WORK REQUEST - Begin at the line below that has "let a = attempt" and stop after the line that has "else if ltb". Please restate only those lines, word for word.

DATASET CONTENT -
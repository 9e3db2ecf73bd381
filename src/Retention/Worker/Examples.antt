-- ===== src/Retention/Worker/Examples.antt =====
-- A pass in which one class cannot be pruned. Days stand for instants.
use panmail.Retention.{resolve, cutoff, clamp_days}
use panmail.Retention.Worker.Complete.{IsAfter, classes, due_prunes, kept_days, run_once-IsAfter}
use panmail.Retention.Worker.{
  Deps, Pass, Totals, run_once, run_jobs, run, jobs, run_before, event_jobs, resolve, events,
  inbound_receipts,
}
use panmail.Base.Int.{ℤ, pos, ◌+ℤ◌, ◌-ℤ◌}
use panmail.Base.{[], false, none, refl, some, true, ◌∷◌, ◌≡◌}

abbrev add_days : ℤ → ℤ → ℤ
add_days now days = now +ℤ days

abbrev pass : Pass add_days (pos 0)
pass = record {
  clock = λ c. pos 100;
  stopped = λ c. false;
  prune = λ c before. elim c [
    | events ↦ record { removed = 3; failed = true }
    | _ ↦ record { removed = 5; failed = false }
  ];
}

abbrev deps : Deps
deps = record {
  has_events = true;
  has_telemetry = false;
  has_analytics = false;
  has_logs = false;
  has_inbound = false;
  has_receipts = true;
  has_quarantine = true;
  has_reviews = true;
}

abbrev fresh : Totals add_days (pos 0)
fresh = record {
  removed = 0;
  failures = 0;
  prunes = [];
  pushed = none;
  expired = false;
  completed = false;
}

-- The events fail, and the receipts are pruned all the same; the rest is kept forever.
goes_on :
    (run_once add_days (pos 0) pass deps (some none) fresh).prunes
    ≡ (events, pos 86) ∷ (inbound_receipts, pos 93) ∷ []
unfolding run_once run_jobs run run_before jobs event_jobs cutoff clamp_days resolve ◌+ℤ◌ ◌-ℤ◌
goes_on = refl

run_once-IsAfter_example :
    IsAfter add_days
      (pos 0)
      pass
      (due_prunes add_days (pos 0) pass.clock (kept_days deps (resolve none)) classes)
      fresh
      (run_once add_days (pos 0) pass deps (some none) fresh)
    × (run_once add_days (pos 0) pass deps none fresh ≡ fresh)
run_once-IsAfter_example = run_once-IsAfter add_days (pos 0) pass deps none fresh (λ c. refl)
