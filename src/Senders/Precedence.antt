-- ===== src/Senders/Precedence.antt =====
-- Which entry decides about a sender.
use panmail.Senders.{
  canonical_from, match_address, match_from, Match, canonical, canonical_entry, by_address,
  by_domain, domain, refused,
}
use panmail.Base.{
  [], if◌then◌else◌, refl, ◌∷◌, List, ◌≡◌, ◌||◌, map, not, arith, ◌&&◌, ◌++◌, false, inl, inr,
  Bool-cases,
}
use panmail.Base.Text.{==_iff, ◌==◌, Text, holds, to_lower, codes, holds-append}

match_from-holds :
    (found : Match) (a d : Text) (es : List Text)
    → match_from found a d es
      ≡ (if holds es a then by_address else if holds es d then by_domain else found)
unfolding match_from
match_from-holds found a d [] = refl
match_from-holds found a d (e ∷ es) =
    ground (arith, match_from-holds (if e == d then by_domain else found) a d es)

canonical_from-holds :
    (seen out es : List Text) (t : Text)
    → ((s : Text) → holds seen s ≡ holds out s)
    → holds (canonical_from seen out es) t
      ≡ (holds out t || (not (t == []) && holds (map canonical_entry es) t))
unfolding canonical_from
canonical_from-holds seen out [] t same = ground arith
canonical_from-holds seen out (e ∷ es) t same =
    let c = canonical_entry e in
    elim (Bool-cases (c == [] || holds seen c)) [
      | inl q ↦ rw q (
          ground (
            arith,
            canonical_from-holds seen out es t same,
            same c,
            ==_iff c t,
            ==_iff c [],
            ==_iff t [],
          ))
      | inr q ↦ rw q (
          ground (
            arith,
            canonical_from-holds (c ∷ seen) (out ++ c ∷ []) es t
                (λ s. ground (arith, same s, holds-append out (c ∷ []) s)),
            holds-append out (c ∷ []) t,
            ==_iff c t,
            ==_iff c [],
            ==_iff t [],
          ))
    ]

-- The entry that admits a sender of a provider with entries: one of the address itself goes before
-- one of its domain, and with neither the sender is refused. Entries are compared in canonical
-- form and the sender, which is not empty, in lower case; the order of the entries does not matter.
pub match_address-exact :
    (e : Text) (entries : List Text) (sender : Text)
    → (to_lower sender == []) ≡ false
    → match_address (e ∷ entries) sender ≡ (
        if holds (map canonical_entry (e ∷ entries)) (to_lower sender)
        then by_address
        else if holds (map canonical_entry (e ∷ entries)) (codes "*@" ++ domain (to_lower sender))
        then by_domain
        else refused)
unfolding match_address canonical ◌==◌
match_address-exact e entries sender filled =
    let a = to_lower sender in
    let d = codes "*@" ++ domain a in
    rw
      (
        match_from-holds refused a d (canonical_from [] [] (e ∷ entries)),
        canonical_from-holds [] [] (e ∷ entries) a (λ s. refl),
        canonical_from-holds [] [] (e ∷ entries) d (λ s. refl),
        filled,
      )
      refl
==
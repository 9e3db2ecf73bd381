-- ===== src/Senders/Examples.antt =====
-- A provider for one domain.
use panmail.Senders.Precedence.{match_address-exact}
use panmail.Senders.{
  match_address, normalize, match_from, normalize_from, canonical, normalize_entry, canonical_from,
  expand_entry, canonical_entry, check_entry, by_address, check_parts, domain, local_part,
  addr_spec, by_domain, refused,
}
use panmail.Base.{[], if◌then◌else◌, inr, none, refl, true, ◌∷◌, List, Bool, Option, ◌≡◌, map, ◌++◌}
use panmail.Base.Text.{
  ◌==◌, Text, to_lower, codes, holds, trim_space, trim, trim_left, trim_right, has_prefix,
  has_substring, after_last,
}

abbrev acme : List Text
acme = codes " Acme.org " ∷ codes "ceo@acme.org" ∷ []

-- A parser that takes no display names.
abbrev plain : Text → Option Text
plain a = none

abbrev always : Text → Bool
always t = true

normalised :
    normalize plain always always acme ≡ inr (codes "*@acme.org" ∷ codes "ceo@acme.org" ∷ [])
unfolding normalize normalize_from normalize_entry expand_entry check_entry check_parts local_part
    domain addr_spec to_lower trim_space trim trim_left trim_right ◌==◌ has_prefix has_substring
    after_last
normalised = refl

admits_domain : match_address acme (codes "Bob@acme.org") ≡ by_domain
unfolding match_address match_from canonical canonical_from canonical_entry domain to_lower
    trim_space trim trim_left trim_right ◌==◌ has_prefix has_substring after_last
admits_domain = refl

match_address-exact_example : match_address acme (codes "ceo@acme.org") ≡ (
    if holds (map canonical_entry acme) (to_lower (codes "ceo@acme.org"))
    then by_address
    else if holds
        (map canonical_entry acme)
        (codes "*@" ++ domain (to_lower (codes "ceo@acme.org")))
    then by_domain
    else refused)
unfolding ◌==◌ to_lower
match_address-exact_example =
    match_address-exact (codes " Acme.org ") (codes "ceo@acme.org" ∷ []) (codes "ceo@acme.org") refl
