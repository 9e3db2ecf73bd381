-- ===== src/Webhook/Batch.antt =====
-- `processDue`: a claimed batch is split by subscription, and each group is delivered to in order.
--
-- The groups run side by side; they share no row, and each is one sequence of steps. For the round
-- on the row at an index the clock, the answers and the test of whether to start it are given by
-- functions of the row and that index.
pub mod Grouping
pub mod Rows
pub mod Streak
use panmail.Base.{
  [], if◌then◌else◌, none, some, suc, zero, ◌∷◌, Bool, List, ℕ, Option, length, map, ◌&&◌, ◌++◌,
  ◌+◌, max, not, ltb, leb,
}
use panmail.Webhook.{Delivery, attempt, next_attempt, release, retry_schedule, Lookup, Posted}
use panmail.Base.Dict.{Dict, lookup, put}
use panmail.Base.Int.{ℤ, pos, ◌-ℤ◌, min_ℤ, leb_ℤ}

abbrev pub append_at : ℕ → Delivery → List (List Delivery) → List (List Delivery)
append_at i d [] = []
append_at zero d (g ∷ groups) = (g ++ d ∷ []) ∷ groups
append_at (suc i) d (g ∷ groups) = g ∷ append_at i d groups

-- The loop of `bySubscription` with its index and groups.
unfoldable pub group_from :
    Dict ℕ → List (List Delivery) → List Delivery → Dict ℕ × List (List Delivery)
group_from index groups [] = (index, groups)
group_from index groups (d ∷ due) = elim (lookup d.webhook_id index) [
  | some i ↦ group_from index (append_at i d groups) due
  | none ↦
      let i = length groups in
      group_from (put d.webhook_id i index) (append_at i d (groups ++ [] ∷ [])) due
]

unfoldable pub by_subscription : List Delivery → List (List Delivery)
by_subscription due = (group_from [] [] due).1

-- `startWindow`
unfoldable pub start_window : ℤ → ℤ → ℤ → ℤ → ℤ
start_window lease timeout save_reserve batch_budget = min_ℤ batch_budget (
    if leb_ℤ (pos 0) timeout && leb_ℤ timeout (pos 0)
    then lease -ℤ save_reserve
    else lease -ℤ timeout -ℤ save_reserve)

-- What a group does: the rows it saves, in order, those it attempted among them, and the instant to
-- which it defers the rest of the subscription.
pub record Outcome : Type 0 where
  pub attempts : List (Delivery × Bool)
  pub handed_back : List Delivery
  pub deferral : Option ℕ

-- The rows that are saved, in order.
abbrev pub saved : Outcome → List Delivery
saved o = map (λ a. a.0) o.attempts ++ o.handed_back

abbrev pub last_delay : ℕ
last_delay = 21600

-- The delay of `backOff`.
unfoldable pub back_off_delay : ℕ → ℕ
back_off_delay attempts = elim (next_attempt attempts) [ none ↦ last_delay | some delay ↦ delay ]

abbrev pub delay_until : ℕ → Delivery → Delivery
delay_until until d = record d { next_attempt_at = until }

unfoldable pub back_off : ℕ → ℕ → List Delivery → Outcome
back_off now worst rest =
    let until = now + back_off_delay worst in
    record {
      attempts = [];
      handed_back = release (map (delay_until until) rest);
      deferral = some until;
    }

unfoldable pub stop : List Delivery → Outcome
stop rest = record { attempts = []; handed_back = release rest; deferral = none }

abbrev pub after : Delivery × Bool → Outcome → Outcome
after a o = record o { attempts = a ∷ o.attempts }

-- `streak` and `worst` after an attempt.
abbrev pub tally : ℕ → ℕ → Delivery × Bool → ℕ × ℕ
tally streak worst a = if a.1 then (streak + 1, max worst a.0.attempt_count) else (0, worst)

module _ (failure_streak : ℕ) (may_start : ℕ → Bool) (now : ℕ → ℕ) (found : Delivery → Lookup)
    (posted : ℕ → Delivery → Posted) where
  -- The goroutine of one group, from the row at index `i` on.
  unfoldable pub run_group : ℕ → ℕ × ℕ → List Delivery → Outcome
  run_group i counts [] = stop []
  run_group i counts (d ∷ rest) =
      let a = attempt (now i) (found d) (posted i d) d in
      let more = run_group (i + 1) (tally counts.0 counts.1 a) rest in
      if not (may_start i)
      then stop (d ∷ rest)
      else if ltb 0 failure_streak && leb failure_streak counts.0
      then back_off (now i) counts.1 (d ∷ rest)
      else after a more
* * *
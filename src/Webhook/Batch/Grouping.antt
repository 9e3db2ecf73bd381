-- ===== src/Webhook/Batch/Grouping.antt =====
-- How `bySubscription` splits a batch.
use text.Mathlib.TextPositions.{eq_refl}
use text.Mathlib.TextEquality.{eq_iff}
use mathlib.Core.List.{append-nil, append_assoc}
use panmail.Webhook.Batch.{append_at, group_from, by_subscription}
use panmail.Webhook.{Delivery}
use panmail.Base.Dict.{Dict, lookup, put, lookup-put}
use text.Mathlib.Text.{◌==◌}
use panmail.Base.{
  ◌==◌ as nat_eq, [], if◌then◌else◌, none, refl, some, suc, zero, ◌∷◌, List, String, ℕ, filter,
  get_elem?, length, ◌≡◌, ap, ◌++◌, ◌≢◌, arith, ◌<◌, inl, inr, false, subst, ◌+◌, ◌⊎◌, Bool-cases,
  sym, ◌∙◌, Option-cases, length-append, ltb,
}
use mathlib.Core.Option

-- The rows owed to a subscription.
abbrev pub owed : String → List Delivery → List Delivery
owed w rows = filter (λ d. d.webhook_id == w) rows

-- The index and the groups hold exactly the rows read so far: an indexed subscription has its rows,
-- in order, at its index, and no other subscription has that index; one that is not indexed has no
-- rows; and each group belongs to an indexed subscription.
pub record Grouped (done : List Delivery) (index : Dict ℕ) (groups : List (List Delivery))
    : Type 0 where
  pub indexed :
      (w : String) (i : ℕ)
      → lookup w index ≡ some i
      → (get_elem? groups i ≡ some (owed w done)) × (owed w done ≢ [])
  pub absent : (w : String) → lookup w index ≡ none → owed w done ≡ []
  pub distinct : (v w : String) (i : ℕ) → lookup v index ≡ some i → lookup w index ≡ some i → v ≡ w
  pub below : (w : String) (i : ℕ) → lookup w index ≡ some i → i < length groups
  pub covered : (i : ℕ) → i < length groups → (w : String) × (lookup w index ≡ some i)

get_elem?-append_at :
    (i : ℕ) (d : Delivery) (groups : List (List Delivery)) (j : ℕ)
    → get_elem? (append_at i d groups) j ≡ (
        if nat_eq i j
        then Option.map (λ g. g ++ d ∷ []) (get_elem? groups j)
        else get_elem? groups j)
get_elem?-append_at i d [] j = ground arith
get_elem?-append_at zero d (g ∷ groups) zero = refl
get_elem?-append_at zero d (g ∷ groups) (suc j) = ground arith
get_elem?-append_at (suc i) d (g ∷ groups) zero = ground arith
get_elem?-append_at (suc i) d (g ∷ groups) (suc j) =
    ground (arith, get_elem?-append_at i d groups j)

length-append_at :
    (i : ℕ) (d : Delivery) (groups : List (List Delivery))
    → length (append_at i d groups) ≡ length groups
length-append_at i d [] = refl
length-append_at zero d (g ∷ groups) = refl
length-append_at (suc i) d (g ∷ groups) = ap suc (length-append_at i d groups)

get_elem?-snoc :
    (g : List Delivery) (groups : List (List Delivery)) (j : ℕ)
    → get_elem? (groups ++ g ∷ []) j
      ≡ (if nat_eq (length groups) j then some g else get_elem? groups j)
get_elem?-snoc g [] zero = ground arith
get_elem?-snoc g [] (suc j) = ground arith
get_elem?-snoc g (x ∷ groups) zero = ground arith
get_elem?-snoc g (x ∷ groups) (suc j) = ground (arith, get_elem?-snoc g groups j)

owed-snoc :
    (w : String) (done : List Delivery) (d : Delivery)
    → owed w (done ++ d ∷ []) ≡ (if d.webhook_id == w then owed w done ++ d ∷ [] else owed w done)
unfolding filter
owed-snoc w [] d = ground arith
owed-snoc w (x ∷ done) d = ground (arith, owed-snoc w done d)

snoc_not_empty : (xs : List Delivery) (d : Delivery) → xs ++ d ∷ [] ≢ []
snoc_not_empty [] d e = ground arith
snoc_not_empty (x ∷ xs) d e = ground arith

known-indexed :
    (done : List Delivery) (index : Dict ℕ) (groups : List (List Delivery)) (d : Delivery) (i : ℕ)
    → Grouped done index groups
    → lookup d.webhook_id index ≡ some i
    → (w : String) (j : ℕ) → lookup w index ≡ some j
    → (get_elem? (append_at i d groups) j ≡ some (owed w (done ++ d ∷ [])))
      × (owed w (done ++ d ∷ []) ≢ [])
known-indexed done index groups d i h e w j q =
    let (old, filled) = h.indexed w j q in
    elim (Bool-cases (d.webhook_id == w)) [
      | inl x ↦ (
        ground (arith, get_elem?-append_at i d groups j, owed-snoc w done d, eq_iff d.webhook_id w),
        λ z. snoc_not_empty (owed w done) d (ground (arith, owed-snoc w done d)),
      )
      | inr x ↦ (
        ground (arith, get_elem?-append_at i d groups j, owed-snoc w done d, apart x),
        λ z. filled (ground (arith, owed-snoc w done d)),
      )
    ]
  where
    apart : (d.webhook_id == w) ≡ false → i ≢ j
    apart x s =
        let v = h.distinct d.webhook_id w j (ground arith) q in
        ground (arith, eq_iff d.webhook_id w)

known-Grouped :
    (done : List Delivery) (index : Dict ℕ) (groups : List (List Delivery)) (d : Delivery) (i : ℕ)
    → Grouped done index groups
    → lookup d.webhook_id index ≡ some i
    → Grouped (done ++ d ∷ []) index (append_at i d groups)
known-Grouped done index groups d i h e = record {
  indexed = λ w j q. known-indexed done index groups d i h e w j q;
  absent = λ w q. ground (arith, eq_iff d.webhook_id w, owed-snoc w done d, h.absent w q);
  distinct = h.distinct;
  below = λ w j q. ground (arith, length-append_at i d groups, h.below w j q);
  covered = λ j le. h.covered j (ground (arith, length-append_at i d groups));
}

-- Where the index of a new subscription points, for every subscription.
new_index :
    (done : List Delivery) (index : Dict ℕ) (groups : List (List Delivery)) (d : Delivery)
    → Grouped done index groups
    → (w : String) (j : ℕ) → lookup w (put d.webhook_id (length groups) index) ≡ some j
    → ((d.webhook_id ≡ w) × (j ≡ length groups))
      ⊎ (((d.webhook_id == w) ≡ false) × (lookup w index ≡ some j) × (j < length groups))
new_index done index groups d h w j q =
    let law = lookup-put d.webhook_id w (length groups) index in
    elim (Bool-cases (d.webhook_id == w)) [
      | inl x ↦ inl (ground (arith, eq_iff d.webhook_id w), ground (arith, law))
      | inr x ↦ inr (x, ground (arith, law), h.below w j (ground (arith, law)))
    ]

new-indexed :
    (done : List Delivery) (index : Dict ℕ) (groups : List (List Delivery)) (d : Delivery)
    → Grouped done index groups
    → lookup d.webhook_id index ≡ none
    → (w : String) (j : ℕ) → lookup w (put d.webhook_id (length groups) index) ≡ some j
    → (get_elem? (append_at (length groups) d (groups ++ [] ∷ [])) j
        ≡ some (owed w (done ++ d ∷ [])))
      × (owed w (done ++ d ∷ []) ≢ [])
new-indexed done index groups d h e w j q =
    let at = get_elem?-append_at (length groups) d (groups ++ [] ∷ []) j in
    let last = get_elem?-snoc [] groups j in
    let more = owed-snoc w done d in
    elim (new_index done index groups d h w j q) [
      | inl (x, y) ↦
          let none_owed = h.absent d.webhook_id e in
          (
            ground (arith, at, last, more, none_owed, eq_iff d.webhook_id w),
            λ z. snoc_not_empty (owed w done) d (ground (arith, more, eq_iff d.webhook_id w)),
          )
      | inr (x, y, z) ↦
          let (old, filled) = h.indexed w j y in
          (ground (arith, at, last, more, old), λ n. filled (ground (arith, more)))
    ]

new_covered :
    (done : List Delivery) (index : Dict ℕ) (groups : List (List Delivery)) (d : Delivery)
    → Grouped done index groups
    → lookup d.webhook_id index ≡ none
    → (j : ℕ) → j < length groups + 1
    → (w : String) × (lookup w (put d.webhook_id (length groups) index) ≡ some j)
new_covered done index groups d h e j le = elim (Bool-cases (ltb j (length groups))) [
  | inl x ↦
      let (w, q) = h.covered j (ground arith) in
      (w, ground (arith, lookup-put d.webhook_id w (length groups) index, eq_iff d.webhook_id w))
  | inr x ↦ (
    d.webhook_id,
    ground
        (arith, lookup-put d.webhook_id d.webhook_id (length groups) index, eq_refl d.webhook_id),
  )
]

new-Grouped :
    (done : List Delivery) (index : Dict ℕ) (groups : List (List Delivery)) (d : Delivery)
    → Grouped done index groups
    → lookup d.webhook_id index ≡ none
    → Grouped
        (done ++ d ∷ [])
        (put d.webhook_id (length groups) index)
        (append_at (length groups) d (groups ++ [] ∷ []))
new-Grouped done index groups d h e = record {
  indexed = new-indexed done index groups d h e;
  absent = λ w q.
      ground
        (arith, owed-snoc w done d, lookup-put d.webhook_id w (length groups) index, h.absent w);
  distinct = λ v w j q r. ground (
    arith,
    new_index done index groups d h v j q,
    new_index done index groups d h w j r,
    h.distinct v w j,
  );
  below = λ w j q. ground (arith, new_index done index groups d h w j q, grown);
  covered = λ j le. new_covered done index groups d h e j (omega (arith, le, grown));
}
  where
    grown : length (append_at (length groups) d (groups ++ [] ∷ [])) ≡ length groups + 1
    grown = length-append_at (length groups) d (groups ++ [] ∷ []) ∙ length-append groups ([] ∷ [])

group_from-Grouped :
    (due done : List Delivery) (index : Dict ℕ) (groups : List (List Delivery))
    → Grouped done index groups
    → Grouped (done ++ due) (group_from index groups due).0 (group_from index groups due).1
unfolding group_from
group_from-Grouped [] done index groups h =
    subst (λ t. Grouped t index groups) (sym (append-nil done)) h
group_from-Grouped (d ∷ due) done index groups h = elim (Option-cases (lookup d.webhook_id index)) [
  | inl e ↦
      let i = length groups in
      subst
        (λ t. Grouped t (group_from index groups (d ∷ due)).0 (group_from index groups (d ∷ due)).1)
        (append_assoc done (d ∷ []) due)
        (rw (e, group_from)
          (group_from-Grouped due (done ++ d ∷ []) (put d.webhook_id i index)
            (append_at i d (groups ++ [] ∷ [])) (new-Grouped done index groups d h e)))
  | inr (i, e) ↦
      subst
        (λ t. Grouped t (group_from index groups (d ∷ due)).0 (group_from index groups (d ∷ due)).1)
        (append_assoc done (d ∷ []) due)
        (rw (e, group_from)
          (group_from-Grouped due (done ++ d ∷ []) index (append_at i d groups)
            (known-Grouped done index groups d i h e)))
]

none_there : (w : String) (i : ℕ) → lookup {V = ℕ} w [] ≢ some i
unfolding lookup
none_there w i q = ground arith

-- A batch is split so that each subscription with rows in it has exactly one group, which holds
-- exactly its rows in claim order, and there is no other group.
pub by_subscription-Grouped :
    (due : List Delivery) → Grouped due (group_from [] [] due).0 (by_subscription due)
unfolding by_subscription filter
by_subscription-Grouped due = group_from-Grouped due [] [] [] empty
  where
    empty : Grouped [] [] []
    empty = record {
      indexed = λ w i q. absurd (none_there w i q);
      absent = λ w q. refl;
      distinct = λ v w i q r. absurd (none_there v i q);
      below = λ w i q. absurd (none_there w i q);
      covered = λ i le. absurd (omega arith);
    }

TASK RESULT -
      let a = attempt (now i) (found d) (posted i d) d in
      let more = run_group (i + 1) (tally counts.0 counts.1 a) rest in
      if not (may_start i)
      then stop (d ∷ rest)
      else if ltb 0 failure_streak && leb failure_streak counts.0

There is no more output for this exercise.